> **Work required**
The lines below that include the word "false" are to be reported.

> **Input data**
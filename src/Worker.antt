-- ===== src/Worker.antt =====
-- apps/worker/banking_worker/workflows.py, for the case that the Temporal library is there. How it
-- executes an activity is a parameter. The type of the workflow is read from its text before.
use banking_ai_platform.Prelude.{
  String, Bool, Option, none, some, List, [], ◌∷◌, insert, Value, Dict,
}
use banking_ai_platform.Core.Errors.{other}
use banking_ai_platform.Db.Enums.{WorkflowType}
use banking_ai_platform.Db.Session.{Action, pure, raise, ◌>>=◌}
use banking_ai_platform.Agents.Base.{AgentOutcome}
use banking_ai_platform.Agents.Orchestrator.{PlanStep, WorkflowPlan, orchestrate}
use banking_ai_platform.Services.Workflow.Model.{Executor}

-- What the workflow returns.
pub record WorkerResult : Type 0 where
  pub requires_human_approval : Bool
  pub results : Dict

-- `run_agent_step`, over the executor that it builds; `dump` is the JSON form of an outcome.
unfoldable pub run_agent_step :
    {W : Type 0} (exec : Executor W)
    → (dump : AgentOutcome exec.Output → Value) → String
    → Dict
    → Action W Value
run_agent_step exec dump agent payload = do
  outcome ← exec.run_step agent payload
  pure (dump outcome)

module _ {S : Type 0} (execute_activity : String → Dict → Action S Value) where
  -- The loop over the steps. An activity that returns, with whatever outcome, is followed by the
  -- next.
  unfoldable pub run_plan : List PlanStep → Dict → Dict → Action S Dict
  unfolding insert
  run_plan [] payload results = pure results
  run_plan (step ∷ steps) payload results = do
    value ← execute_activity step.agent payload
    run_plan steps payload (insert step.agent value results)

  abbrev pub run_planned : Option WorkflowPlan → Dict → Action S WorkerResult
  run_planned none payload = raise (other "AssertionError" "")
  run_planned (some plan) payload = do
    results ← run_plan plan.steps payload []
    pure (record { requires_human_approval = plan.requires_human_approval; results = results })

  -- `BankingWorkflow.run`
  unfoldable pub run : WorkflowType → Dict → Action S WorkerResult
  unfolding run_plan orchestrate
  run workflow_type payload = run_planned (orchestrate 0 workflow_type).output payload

---

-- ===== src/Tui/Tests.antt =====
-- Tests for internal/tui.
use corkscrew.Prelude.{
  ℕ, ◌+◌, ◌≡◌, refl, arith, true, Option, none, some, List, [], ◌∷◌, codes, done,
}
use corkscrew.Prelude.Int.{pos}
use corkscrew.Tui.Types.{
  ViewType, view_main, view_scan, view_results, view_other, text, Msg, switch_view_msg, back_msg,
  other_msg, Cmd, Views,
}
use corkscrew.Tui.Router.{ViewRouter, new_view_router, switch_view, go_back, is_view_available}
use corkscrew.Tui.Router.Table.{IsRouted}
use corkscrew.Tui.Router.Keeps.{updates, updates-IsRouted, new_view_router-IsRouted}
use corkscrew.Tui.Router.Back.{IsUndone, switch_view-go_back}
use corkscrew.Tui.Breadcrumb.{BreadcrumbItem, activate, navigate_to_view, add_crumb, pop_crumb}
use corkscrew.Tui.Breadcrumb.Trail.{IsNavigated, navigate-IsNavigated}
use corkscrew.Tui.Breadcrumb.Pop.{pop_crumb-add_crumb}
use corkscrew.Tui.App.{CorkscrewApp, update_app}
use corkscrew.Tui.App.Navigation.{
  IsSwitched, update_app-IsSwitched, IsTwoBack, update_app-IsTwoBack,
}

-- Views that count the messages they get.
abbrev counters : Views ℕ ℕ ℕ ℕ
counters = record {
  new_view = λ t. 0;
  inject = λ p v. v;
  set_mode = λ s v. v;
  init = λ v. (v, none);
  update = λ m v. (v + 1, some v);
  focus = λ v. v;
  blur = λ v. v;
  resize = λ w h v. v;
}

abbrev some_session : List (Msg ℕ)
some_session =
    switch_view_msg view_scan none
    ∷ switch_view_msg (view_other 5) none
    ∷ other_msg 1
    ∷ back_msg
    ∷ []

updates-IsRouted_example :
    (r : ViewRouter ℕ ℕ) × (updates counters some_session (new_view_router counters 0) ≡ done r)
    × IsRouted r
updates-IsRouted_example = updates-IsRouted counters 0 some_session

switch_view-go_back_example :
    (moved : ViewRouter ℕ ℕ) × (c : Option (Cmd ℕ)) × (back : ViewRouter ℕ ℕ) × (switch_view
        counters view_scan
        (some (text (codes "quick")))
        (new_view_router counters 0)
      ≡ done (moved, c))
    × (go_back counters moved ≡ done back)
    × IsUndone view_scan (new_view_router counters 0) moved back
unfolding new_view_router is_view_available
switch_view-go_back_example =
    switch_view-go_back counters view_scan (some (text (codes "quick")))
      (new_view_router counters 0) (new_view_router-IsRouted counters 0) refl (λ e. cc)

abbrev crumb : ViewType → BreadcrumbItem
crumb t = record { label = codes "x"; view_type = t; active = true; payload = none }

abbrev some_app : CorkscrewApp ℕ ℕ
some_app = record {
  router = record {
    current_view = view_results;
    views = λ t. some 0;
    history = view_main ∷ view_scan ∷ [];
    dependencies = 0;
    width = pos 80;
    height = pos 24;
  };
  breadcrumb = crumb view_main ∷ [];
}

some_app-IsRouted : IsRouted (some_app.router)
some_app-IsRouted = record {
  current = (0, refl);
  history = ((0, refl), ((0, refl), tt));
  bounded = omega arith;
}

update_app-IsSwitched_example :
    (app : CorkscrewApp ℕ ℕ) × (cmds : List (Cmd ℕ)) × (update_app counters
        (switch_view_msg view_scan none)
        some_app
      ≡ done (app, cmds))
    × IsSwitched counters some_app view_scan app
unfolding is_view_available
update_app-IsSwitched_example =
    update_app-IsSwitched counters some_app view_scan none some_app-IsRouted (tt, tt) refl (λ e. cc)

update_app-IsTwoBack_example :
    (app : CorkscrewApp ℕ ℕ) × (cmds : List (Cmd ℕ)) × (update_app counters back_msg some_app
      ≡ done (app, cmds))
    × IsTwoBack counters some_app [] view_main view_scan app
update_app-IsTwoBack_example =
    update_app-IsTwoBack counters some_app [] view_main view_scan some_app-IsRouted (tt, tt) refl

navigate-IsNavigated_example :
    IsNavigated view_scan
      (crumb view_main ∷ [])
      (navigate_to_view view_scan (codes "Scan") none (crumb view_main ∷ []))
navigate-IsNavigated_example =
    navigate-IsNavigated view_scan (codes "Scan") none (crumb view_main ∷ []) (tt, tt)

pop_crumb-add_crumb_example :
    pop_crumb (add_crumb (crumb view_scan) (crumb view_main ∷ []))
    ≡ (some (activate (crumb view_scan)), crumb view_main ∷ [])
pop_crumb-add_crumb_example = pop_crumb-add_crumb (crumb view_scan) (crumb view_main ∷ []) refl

...

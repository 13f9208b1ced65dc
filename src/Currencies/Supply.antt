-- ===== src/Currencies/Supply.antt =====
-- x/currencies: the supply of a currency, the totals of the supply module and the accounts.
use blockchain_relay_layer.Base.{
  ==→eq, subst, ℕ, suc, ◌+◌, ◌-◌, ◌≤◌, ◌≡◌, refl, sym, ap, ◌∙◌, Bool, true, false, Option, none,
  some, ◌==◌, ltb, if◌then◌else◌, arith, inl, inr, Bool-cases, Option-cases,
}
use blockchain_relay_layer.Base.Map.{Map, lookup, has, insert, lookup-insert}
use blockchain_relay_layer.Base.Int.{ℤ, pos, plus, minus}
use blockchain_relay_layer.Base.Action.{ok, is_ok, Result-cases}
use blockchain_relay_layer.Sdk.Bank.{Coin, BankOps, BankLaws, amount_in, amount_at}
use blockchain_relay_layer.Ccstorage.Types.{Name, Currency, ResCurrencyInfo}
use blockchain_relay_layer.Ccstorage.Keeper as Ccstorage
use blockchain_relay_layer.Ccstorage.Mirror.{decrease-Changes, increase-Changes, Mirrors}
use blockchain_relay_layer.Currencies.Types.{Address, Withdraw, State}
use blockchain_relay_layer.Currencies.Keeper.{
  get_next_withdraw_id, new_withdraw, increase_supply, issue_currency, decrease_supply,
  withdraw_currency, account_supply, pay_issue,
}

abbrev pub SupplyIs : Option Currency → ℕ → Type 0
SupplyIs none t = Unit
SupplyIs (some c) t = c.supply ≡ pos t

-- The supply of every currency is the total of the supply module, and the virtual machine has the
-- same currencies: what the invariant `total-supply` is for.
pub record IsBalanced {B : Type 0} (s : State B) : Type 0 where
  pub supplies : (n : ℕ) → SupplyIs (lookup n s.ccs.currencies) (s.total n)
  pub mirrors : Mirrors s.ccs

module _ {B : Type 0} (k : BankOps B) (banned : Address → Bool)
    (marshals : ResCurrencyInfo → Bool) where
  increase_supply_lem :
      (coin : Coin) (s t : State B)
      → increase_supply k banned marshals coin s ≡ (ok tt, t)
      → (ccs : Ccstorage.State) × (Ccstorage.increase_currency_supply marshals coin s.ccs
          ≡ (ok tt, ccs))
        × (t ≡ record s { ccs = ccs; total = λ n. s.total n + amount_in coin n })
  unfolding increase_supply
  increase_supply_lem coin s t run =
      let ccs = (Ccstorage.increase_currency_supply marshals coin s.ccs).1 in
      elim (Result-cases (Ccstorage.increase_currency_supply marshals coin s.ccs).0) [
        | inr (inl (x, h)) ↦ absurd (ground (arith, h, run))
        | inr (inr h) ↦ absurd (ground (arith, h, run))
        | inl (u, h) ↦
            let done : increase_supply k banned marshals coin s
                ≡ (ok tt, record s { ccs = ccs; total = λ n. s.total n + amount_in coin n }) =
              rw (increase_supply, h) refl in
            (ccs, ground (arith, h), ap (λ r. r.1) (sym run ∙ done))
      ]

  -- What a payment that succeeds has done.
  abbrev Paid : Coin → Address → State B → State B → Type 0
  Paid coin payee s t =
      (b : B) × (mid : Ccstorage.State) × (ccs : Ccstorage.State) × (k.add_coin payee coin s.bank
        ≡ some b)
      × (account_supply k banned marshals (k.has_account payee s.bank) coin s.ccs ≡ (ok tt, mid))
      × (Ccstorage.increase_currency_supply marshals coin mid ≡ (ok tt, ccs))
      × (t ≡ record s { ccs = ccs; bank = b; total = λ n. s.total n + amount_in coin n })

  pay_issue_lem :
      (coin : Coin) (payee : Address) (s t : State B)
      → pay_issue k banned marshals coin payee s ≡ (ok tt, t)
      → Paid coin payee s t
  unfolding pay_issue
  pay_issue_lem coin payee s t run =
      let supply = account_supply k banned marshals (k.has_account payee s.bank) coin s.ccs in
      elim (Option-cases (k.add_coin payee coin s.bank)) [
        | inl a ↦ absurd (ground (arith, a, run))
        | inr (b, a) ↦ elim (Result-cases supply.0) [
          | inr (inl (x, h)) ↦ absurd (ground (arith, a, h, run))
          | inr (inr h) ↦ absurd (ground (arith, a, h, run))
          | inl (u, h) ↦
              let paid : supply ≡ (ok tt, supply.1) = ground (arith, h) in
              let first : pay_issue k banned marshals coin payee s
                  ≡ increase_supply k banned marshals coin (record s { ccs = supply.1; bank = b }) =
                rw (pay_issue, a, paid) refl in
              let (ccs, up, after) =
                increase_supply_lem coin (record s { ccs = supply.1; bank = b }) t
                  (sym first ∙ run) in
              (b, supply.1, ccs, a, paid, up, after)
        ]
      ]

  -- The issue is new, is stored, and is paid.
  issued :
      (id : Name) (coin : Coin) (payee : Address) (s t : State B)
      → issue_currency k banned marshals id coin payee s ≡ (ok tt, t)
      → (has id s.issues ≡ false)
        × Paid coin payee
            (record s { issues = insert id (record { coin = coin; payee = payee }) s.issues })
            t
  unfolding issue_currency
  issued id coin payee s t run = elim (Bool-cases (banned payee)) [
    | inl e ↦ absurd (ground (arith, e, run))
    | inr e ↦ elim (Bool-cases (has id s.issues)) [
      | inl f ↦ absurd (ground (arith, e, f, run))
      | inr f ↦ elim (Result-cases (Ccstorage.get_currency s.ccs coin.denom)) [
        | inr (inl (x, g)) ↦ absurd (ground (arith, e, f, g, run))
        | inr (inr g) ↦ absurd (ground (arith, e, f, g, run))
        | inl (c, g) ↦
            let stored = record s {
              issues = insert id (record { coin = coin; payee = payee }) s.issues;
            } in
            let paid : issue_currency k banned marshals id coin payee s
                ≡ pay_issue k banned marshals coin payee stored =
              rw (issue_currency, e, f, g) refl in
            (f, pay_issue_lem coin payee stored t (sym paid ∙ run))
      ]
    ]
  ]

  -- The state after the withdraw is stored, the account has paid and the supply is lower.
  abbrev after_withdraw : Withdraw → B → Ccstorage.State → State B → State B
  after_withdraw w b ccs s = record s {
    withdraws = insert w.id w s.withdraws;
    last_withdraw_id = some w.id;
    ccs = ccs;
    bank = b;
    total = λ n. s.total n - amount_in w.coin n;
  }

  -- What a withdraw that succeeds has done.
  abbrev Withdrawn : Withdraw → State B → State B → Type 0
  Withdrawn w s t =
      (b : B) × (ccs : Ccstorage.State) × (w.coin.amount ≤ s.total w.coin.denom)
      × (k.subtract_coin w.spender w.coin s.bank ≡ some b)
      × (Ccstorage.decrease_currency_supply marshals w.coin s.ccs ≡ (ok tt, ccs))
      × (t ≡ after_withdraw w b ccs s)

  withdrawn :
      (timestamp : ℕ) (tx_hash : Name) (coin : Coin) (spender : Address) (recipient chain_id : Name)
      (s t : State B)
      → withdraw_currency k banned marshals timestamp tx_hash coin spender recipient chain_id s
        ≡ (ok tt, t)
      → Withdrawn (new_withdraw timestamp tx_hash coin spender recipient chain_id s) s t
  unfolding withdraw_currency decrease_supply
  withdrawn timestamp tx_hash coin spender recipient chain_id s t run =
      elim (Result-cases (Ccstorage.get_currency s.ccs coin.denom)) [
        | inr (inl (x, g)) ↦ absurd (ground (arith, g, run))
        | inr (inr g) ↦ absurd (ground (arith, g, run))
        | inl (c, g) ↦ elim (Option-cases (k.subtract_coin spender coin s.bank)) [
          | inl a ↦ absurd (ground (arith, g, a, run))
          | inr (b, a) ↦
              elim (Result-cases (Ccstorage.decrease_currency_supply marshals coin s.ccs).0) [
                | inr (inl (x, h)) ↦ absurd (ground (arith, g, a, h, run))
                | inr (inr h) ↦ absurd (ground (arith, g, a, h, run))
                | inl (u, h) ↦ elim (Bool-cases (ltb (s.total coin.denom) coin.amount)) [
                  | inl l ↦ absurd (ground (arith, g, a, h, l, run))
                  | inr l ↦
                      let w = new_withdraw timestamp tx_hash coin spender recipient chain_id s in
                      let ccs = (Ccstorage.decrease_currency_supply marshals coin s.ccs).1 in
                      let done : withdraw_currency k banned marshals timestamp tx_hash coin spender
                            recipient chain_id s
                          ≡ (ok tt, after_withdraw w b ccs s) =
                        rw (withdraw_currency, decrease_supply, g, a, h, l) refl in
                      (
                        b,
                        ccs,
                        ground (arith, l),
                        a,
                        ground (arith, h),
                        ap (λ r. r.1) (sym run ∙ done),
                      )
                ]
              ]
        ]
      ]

> **Written reply**
  ==→eq, subst, ℕ, suc, ◌+◌, ◌-◌, ◌≤◌, ◌≡◌, refl, sym, ap, ◌∙◌, Bool, true, false, Option, none,
      → (has id s.issues ≡ false)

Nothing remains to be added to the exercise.